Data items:
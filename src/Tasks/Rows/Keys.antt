-- ===== src/Tasks/Rows/Keys.antt =====
-- The rows of tasks by their primary key: what an update and an insertion leave at a key.
use fornix.Base.{
  ℕ, ◌≡◌, refl, sym, ap, ◌∙◌, inl, inr, String, str_eq, eq_iff, eq_refl, true, false, ◌&&◌, none,
  some, ◌==◌, ==_iff, if◌then◌else◌, Bool-cases, List, [], ◌∷◌, ◌++◌, All, and-eq-true, arith,
  All-append, All-imp, subst,
}
use fornix.Tasks.Types.{Task}
use fornix.Tasks.Rows.{is_task, find_task, update_task}

-- The update of a row leaves its key.
abbrev pub KeepsKey : (Task → Task) → Type 0
KeepsKey f = (t : Task) → ((f t).workspace_id ≡ t.workspace_id) × ((f t).id ≡ t.id)

keeps-is_task :
    (f : Task → Task)
    → KeepsKey f
    → (w : String) (i : ℕ) (t : Task) → is_task w i (f t) ≡ is_task w i t
keeps-is_task f keeps w i t = rw ((keeps t).0, (keeps t).1) refl

pub find_task-is_task :
    (xs : List Task) (w : String) (i : ℕ) (t : Task)
    → find_task xs w i ≡ some t
    → (t.workspace_id ≡ w) × (t.id ≡ i)
unfolding find_task
find_task-is_task [] w i t h = cc
find_task-is_task (x ∷ xs) w i t h = elim (Bool-cases (is_task w i x)) [
  | inl p ↦ ground (arith, eq_iff x.workspace_id w)
  | inr p ↦ find_task-is_task xs w i t (rw p at h)
]

pub find-update_same :
    (xs : List Task) (w : String) (i : ℕ) (f : Task → Task) (t : Task)
    → KeepsKey f
    → find_task xs w i ≡ some t
    → find_task (update_task xs w i f) w i ≡ some (f t)
unfolding find_task update_task
find-update_same [] w i f t keeps h = cc
find-update_same (x ∷ xs) w i f t keeps h = elim (Bool-cases (is_task w i x)) [
  | inl p ↦
      let same : x ≡ t = cc (rw p at h) in
      rw (p, keeps-is_task f keeps w i x, p) (ap (λ z. some (f z)) same)
  | inr p ↦ rw (p, p) (find-update_same xs w i f t keeps (rw p at h))
]

pub find-update_other :
    (xs : List Task) (w a : String) (i b : ℕ) (f : Task → Task)
    → KeepsKey f
    → (str_eq w a && i == b) ≡ false
    → find_task (update_task xs w i f) a b ≡ find_task xs a b
unfolding find_task update_task
find-update_other [] w a i b f keeps h = refl
find-update_other (x ∷ xs) w a i b f keeps h = elim (Bool-cases (is_task w i x)) [
  | inl p ↦
      let q : is_task a b x ≡ false =
        ground (arith, h, p, eq_iff x.workspace_id w, eq_iff w a, eq_iff x.workspace_id a) in
      rw (p, keeps-is_task f keeps a b x, q) (find-update_other xs w a i b f keeps h)
  | inr p ↦
      rw p (ap (λ r. if is_task a b x then some x else r) (find-update_other xs w a i b f keeps h))
]

pub find-update_none :
    (xs : List Task) (w a : String) (i b : ℕ) (f : Task → Task)
    → KeepsKey f
    → find_task xs a b ≡ none
    → find_task (update_task xs w i f) a b ≡ none
unfolding find_task update_task
find-update_none [] w a i b f keeps h = refl
find-update_none (x ∷ xs) w a i b f keeps h = elim (Bool-cases (is_task a b x)) [
  | inl p ↦ absurd (cc (rw p at h))
  | inr p ↦
      let rest = find-update_none xs w a i b f keeps (rw p at h) in
      elim (Bool-cases (is_task w i x)) [
        | inl q ↦ rw (q, keeps-is_task f keeps a b x, p) rest
        | inr q ↦ rw (q, p) rest
      ]
]

pub find_task-append :
    (xs ys : List Task) (w : String) (i : ℕ) (t : Task)
    → find_task xs w i ≡ some t
    → find_task (xs ++ ys) w i ≡ some t
unfolding find_task
find_task-append [] ys w i t h = cc
find_task-append (x ∷ xs) ys w i t h = elim (Bool-cases (is_task w i x)) [
  | inl p ↦ rw p (rw p at h)
  | inr p ↦ rw p (find_task-append xs ys w i t (rw p at h))
]

-- The primary key: a row is the first with its key.
abbrev pub IsKeyed : List Task → Type 0
IsKeyed xs = All (λ (t : Task). find_task xs t.workspace_id t.id ≡ some t) xs

All-update :
    (P Q : Task → Type 0) (xs : List Task) (w : String) (i : ℕ) (f : Task → Task)
    → ((x : Task) → is_task w i x ≡ true → P x → Q (f x))
    → ((x : Task) → is_task w i x ≡ false → P x → Q x)
    → All P xs
    → All Q (update_task xs w i f)
unfolding update_task
All-update P Q [] w i f here there a = tt
All-update P Q (x ∷ xs) w i f here there a = elim (Bool-cases (is_task w i x)) [
  | inl p ↦ rw p (here x p a.0, All-update P Q xs w i f here there a.1)
  | inr p ↦ rw p (there x p a.0, All-update P Q xs w i f here there a.1)
]

-- An update that leaves the key keeps the key unique.
pub IsKeyed-update :
    (xs : List Task) (w : String) (i : ℕ) (f : Task → Task)
    → KeepsKey f
    → IsKeyed xs
    → IsKeyed (update_task xs w i f)
IsKeyed-update xs w i f keeps keyed =
    let ys = update_task xs w i f in
    All-update (λ t. find_task xs t.workspace_id t.id ≡ some t)
      (λ t. find_task ys t.workspace_id t.id ≡ some t) xs w i f
      (λ x p h.
        let (p1, p2) = and-eq-true (str_eq x.workspace_id w) (x.id == i) p in
        let w' = (eq_iff x.workspace_id w).0 p1 in
        let i' = (==_iff x.id i).0 p2 in
        let found : find_task xs w i ≡ some x =
          subst (λ a. find_task xs a i ≡ some x) w'
            (subst (λ b. find_task xs x.workspace_id b ≡ some x) i' h) in
        subst (λ a. find_task ys a (f x).id ≡ some (f x)) (sym w' ∙ sym (keeps x).0)
          (subst (λ b. find_task ys w b ≡ some (f x)) (sym i' ∙ sym (keeps x).1)
            (find-update_same xs w i f x keeps found)))
      (λ x p h.
        find-update_other xs w x.workspace_id i x.id f keeps
          (ground (arith, p, eq_iff x.workspace_id w, eq_iff w x.workspace_id))
        ∙ h)
      keyed

find_task-new :
    (xs : List Task) (row : Task)
    → find_task xs row.workspace_id row.id ≡ none
    → find_task (xs ++ row ∷ []) row.workspace_id row.id ≡ some row
unfolding find_task
find_task-new [] row h =
    let p : is_task row.workspace_id row.id row ≡ true =
      rw (eq_refl row.workspace_id) (ground arith) in
    rw p refl
find_task-new (x ∷ xs) row h = elim (Bool-cases (is_task row.workspace_id row.id x)) [
  | inl p ↦ absurd (cc (rw p at h))
  | inr p ↦ rw p (find_task-new xs row (rw p at h))
]

-- What an insertion of a row adds.
pub find_task-added :
    (xs : List Task) (row : Task) (w : String) (i : ℕ) (u : Task)
    → find_task xs w i ≡ none
    → find_task (xs ++ row ∷ []) w i ≡ some u
    → u ≡ row
unfolding find_task
find_task-added [] row w i u h k = elim (Bool-cases (is_task w i row)) [
  | inl p ↦ cc (rw p at k)
  | inr p ↦ absurd (cc (rw p at k))
]
find_task-added (x ∷ xs) row w i u h k = elim (Bool-cases (is_task w i x)) [
  | inl p ↦ absurd (cc (rw p at h))
  | inr p ↦ find_task-added xs row w i u (rw p at h) (rw p at k)
]

pub IsKeyed-append :
    (xs : List Task) (row : Task)
    → find_task xs row.workspace_id row.id ≡ none
    → IsKeyed xs
    → IsKeyed (xs ++ row ∷ [])
IsKeyed-append xs row fresh keyed =
    let P : Task → Type 0 = λ t. find_task (xs ++ row ∷ []) t.workspace_id t.id ≡ some t in
    All-append P xs (row ∷ [])
      (All-imp (λ t. find_task xs t.workspace_id t.id ≡ some t) P
        (λ t h. find_task-append xs (row ∷ []) t.workspace_id t.id t h) xs keyed)
      (find_task-new xs row fresh, tt)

Assigned task:
If a line in the records has the word "antt", copy that line.

Solution to this exercise:
filename src/Tasks/Rows/Keys.antt
-- ===== src/Tasks/Rows/Keys.antt =====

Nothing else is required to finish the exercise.